Robinson Papp Laboratory

The last several years have been an exciting time for pain research, as the tragedy of the U.S. opioid epidemic funneled attention and resources toward efforts to find new, non-addictive pain treatments. We’ve all seen the numbers, millions and millions of Americans with chronic pain, and few if any safe and effective treatments. There’s an old observation among researchers that common diseases are common until you try to study them, then suddenly there are no patients to be found.

At the PAIRED Project we’re part of a nationwide consortium for pain clinical trials called EPPIC-Net and recruiting patients to be in our first two clinical trials, one for knee osteoarthritis and one for diabetic peripheral neuropathy, has been a challenge. But like any challenge it’s also an opportunity to learn and we’ve been thinking a lot about why this has been so hard and how we can do better.

For our HIV-focused studies, like EVA and SALUD, recruitment has been much easier. Maybe understanding why would help us with our pain studies. Well first of all, it’s a different disease. HIV has a moving history that’s inspired books, movies, and musicals. It also has a legacy of vibrant and persistent advocacy. On World AIDS Day last year, when members of our team joined VOCAL-NY activists near the Stonewall National Monument, a chant broke out: “When people with AIDS are under attack, what do we do… Standup, fight back!” For many people living with HIV, the HIV is a part of their identity. There are a lot of conditions like that, they’re usually the ones that have associations, walks, challenges, ribbons, recognizable abbreviations (like MS, ALS), maybe a celebrity or two. These same conditions also tend to have medical homes, clinics devoted to the care of those patients’ specific needs. Since the beginning of our careers we have been a part of meeting these needs for people living with HIV. Dr George is our veteran, she was even there for the first HIV treatment trials. So when a new HIV study comes up, it’s easier to ask the community to participate when there’s a history of trust built over time.

But what if there’s less history, and less of a clearly identifiable community? Chronic pain isn’t a single, defined disease like HIV. It hasn’t been a rallying cry or a reason to march. It’s an experience common to many disorders, including the ones we’re trying to study, knee osteoarthritis and diabetic peripheral neuropathy, but also many others.
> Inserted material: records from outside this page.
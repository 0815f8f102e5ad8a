-- ===== src/SenderAuth/Dkim/Canonical.antt =====
-- The canonical forms of internal/senderauth/dkim.go: signed headers and bodies.
pub mod Laws
use elec_postal.Base.{
  ℕ, ◌-◌, Bool, true, false, ◌&&◌, ◌||◌, none, some, List, [], ◌∷◌, ◌++◌, map, length, take, ◌==◌,
  if◌then◌else◌,
}
use elec_postal.Text.{
  Text, codes, text_eq, is_nil, has_prefix, equal_fold, to_lower, trim_space, trim_left, trim_right,
  trim_suffix, cut, split, join,
}

abbrev pub crlf : Text
crlf = 13 ∷ 10 ∷ []

abbrev pub is_wsp : ℕ → Bool
is_wsp c = c == 32 || c == 9

-- the loop of `collapseWSP`, with `pendingSpace`
unfoldable pub collapse_from : Bool → Text → Text
collapse_from pending [] = []
collapse_from pending (c ∷ s) =
    let inside = collapse_from true s in
    let after = collapse_from false s in
    if is_wsp c then inside else if pending then 32 ∷ c ∷ after else c ∷ after

unfoldable pub collapse_wsp : Text → Text
unfolding collapse_from
collapse_wsp = collapse_from false

-- A header is a Go map from names in canonical spelling, and `canonical` is the spelling that
-- `textproto` gives to a name.
pub record Header : Type 0 where
  pub canonical : Text → Text
  pub values : Text → List Text

abbrev pub header_values : Header → Text → List Text
header_values header name = header.values (header.canonical name)

-- one part of `stripDKIMB`
pub strip_part : Text → Text
unfolding trim_left has_prefix to_lower
strip_part part =
    let trimmed = trim_left is_wsp part in
    if has_prefix (to_lower trimmed) (codes "b=")
    then take (length part - length trimmed) part ++ codes "b="
    else part

unfoldable pub strip_dkim_b : Text → Text
unfolding strip_part split join
strip_dkim_b value = join (codes ";") (map strip_part (split b';' value))

unfoldable pub canonicalize_header : Text → Text → Bool → Text
unfolding to_lower collapse_wsp trim_space
canonicalize_header name value false = name ++ codes ":" ++ value ++ crlf
canonicalize_header name value true =
    to_lower name ++ codes ":" ++ collapse_wsp (trim_space value) ++ crlf

-- the instances of one listed header
pub signed_values : Text → List Text → Bool → Text
unfolding canonicalize_header strip_dkim_b equal_fold
signed_values name [] relaxed = []
signed_values name (value ∷ vs) relaxed =
    let signed = if equal_fold name (codes "dkim-signature") then strip_dkim_b value else value in
    canonicalize_header name signed relaxed ++ signed_values name vs relaxed

-- the listed headers, whose names are still to be trimmed
unfoldable pub signed_names : Header → List Text → Bool → Text
unfolding signed_values trim_space
signed_names header [] relaxed = []
signed_names header (raw ∷ names) relaxed =
    let rest = signed_names header names relaxed in
    let name = trim_space raw in
    if is_nil name then rest else signed_values name (header_values header name) relaxed ++ rest

unfoldable pub canonicalize_signed_headers : Header → Text → Bool → Text
unfolding signed_names split
canonicalize_signed_headers header listed relaxed = signed_names header (split b':' listed) relaxed

unfoldable pub header_relaxed : Text → Bool
unfolding to_lower cut text_eq
header_relaxed canon = elim (cut b'/' (to_lower canon)) [
  | none ↦ text_eq (to_lower canon) (codes "relaxed")
  | some (first, second) ↦ text_eq first (codes "relaxed")
]

unfoldable pub body_relaxed : Text → Bool
unfolding to_lower cut text_eq
body_relaxed canon = elim (cut b'/' (to_lower canon)) [
  | none ↦ false
  | some (first, second) ↦ text_eq second (codes "relaxed")
]

abbrev pub is_line_end : ℕ → Bool
is_line_end c = c == 13 || c == 10

abbrev pub end_line : Text → Text
end_line [] = []
end_line (c ∷ s) = (c ∷ s) ++ crlf

unfoldable pub simple_body : Text → Text
unfolding trim_right
simple_body body = end_line (trim_right is_line_end body)

unfoldable pub split_lines : Text → List Text
unfolding split trim_suffix
split_lines body = map (trim_suffix 13) (split 10 body)

abbrev no_lines : List Text → Bool
no_lines [] = true
no_lines (l ∷ ls) = false

unfoldable pub drop_empty_lines : List Text → List Text
drop_empty_lines [] = []
drop_empty_lines (l ∷ ls) =
    let rest = drop_empty_lines ls in if is_nil l && no_lines rest then [] else l ∷ rest

abbrev pub relaxed_line : Text → Text
relaxed_line line = collapse_wsp (trim_right is_wsp line)

abbrev pub join_lines : List Text → Text
join_lines [] = []
join_lines (l ∷ ls) = join crlf (map relaxed_line (l ∷ ls)) ++ crlf

unfoldable pub relaxed_body : Text → Text
unfolding split_lines drop_empty_lines collapse_wsp trim_right join
relaxed_body body = join_lines (drop_empty_lines (split_lines body))

unfoldable pub canonicalize_body : Text → Bool → Text
unfolding relaxed_body simple_body
canonicalize_body body true = relaxed_body body
canonicalize_body body false = simple_body body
From a drug development perspective, especially in the early stages, it makes a lot of sense to think of chronic pain disorders in aggregate because their treatments tend to overlap, a drug that works for diabetic peripheral neuropathy pain is likely to also work for fibromyalgia. But drug development requires people to participate in clinical trials, and from a recruitment perspective chronic pain as a disease focus is very tricky.

Why? Well, recruitment to any research study can be thought of as the process of finding interested and eligible patients. Eligibility is pretty straightforward and controllable. The researcher writes the inclusion and exclusion criteria for the study and could always change them if they are too strict. Many research studies are conducted in large health systems with electronic health records that (with appropriate privacy protections in place) could be programmed to produce lists of patients that meet a set of criteria.

Interest, however, is much more complicated. Why might a person want to participate in a clinical trial? Maybe they want access to a new experimental drug that they couldn’t get otherwise. For very serious or potentially fatal diseases (cancer, ALS) access makes sense as the main driver. But what about when your life is not in immediate danger from your disease, what if instead you are long suffering neither better nor worse from month to month, from year to year. Why participate in a study, especially now when the energetic barrier to get out and participate in anything seems so much higher than it did before?

As a pain research community we desperately need good answers to this question. Chronic pain needs a story that inspires books, movies, and musicals. It needs to go viral. Then we and our research participants could be characters in the narrative of how this terrible condition was ultimately conquered. The story of chronic pain can be compelling, but it requires creativity to tell well. Perhaps it is a story of how a universal experience that is one of our most basic defense mechanisms, something we all need to survive, can turn on us… a story of chronic pain as an allegory.

EPPIC-Net’s mission is critical, we must learn how to sustainably bridge the gap between early drug development and the large clinical trials that ultimately lead to the approval of new pain medications. At the conclusion of one investigators’ meeting, then NIH director Francis Collins sang a folk song, “If not now tell me when.” One line in this song is: “Although there will be struggle we’ll make the change we can.” We make change by performing the research, but also by telling its story.